A visit to the mills
Hey Blog! This post seems to have unexpectedly linked with last week’s – it’s also about cotton, but this time I’m introducing the mills in which it was spun!
Cotton is a plant. The seeds exude a white, fluffy substance which is the cotton. This can be picked, baled, and shipped to the mill. In the mill, it goes through a long line of conveyor belts and noisy machines, and comes out the other end as nice clean cotton thread. After another journey and an even noisier loom, you get a roll of cloth, and that fabric can be made into anything. Most people don’t think much more than that – it’s all done automatically in a factory nowadays, right? Well, yes; but in the 1700s when Sir Arkwright was doing his business, no. He and some other entrepreneurs built several mills along the Derwent Valley, which now form the Derwent Valley Mills World Heritage Site – as seen in the last week’s post, this is one of the supporters of the poetry session.
One of those mills is known as Masson Mills, and is Arkwright’s show mill, different to the others – if you have seen them – as Masson is the only one to be built entirely of red brick (brick was more expensive than stone, so it was used to show off). It used to run on water power, from the river Derwent at the back door, but later it was made to run on steam power – another status symbol! The process was to transform bales of rough lumpy cotton into fine, thin threads. First, you put the cotton into a large turning machine nicknamed “the devil”. It had a lot of large iron teeth, and losing limbs in it was not unheard of. This split the cotton into small bits. The next stage was the shredder, which combed it finer, and then the carder. This would make the cotton into thin, wispy strands, which were rolled up around a drum and put into the next part of the process. The frame of drums and spinning rollers both stretched and spun the strands into thread, which was sent to the weavers. All that under one roof. The noise must have been deafening – no soft whirring, but clank-clank-clank of chains and cogs. For 12 hours a day, 6 days a week, every week, from age 9. Not exactly the most pleasant work, but it made a lot of money for the factory owners, whereas the pay was only a few shillings a week for the workers. After the thread had been made, it was taken to a weaving shed. Here, with a lot of even noisier clanking, and a flying shuttle, it makes cloth. Which you could do from age 6…
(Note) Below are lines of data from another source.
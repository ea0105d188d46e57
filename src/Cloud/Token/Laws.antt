-- ===== src/Cloud/Token/Laws.antt =====
-- What the transport promises of its token.
use yby_cli.Prelude.{
  ℕ, ◌+◌, ◌*◌, ◌≤◌, ◌≡◌, ◌≢◌, refl, String, Option, none, some, arith, Option-cases, inl, inr,
}
use yby_cli.Prelude.Result.{Result, ok, err}
use yby_cli.Prelude.Exec.{continue}
use yby_cli.Cloud.Token.{
  Token, Response, Outside, Transport, token_margin, cache_get, renew, refresh_token, get_token,
  round_trip,
}

-- A token that the cache gives out is the stored one, with more than the margin left.
pub cache_get_sound :
    (now : ℕ) (c : Option Token) {t : Token}
    → cache_get now c ≡ some t
    → (c ≡ some t) × (now + token_margin ≤ t.expires_at)
unfolding cache_get
cache_get_sound now c h = ground arith

module _ {W E : Type 0} where
  -- After a success the cache holds a token of the returned value, after an error it is empty.
  abbrev pub Synced : Result E String × Transport W → Type 0
  Synced (ok v, s) = (t : Token) × (s.token ≡ some t) × (t.value ≡ v)
  Synced (err e, s) = s.token ≡ none

  renewed :
      (r : Result E Token) (x : Transport W)
      → x.token ≡ none
      → Synced (continue r (λ t y. (ok t.value, record y { token = some t })) x)
  renewed (ok t) x h = (t, refl, refl)
  renewed (err e) x h = h

module _ {W E : Type 0} (o : Outside W E) where
  renew-Synced : (s : Transport W) → Synced (renew o s)
  unfolding renew
  renew-Synced s = renewed (o.generate_token s.world).0 _ refl

  -- After `refreshToken` succeeds the cache holds a token whose value was returned, and after it
  -- fails the cache is empty, whether the token came from the cache or from the generator.
  pub refresh_token-Synced : (s : Transport W) → Synced (refresh_token o s)
  unfolding refresh_token
  refresh_token-Synced s = elim (Option-cases (cache_get (o.now s.world) s.token)) [
    | inl e ↦ rw (e, refresh_token) (renew-Synced s)
    | inr (t, e) ↦ rw (e, refresh_token) (t, (cache_get_sound _ s.token e).0, refl)
  ]

  -- The same holds of `getToken`.
  pub get_token-Synced : (s : Transport W) → Synced (get_token o s)
  unfolding get_token
  get_token-Synced s = elim (Option-cases (cache_get (o.now s.world) s.token)) [
    | inl e ↦ rw (e, get_token) (refresh_token-Synced s)
    | inr (t, e) ↦ rw (e, get_token) (t, (cache_get_sound _ s.token e).0, refl)
  ]

  -- Whatever the server answers, a round trip sends at most two requests and generates at most two
  -- tokens: a count that a send raises by at most `a`, and a generation by at most `b`, rises by at
  -- most 2a + 2b.
  pub round_trip_bounded :
      (count : W → ℕ) (a b : ℕ) (s : Transport W)
      → ((v : String) (w : W) → count (o.round_trip v w).1 ≤ count w + a)
      → ((w : W) → count (o.generate_token w).1 ≤ count w + b)
      → count (round_trip o s).1.world ≤ count s.world + (2 * a + 2 * b)
  unfolding round_trip
  round_trip_bounded count a b s sends generations = grind arith

  -- Only a 401 is repeated: a first answer with any other status, 403 among them, is returned as it
  -- came, from the world and with the cache that this one send left.
  pub round_trip_passes_on :
      (s s' : Transport W) (v : String) (w : W) (resp : Response)
      → get_token o s ≡ (ok v, s')
      → o.round_trip v s'.world ≡ (ok resp, w)
      → resp.status_code ≢ 401
      → round_trip o s ≡ (ok resp, record s' { world = w })
  unfolding round_trip
  round_trip_passes_on s s' v w resp got sent status =
      rw (got, round_trip) (rw (sent, round_trip) (ground arith))
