-- ===== src/Cloud/Token/Tests.antt =====
-- Runs of the transport against a server that refuses a token.
use yby_cli.Prelude.{
  ℕ, ◌+◌, ◌*◌, ◌≤◌, ◌≡◌, refl, String, none, some, arith, ◌==◌, eq_String, if◌then◌else◌,
}
use yby_cli.Prelude.Result.{ok}
use yby_cli.Cloud.Token.{Token, Outside, Transport, refresh_token, get_token, round_trip}
use yby_cli.Cloud.Token.Laws.{Synced, refresh_token-Synced, get_token-Synced, round_trip_bounded}

-- The world counts what is sent; the clock stands still, and a token lives for ten minutes. The
-- server knows one token only.
abbrev server : Outside ℕ String
server = record {
  now = λ w. 0;
  generate_token = λ w. (ok (record { value = "new"; expires_at = 600000000000 }), w);
  round_trip =
      λ v w. (ok (record { status_code = if v == "new" then 200 else 401; body = v }), w + 1);
}

abbrev revoked : Token
revoked = record { value = "old"; expires_at = 600000000000 }

abbrev stale : Transport ℕ
stale = record { token = some revoked; world = 0 }

abbrev empty : Transport ℕ
empty = record { token = none; world = 0 }

stale_fails :
    round_trip server stale
    ≡ (ok (record { status_code = 401; body = "old" }), record { token = some revoked; world = 2 })
unfolding round_trip
stale_fails = refl

refresh_token-Synced_example : Synced (refresh_token server empty)
refresh_token-Synced_example = refresh_token-Synced server empty

get_token-Synced_example : Synced (get_token server empty)
get_token-Synced_example = get_token-Synced server empty

round_trip_bounded_example : (round_trip server stale).1.world ≤ 0 + (2 * 1 + 2 * 0)
round_trip_bounded_example =
    round_trip_bounded server (λ w. w) 1 0 stale (λ v w. omega arith) (λ w. omega arith)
Masson Mills has both weaving and spinning in it, but originally it only had the spinning stage. The machines are very large – one is 70ft. long! The building is powered by hydroelectricity from the river, so after all these years waterpower is coming back (maybe in a different design, but still renewable!). Since it shut last century, it has been turned into a visitor centre, and makes string for the shop upstairs. We bought a ball of this – it’s very nice. Many of the machines can still be run, even if they don’t do things commercially any more. For the real experience you need to see the mill (I don’t want to put the tour guides out of a job), and it’s well worth a visit!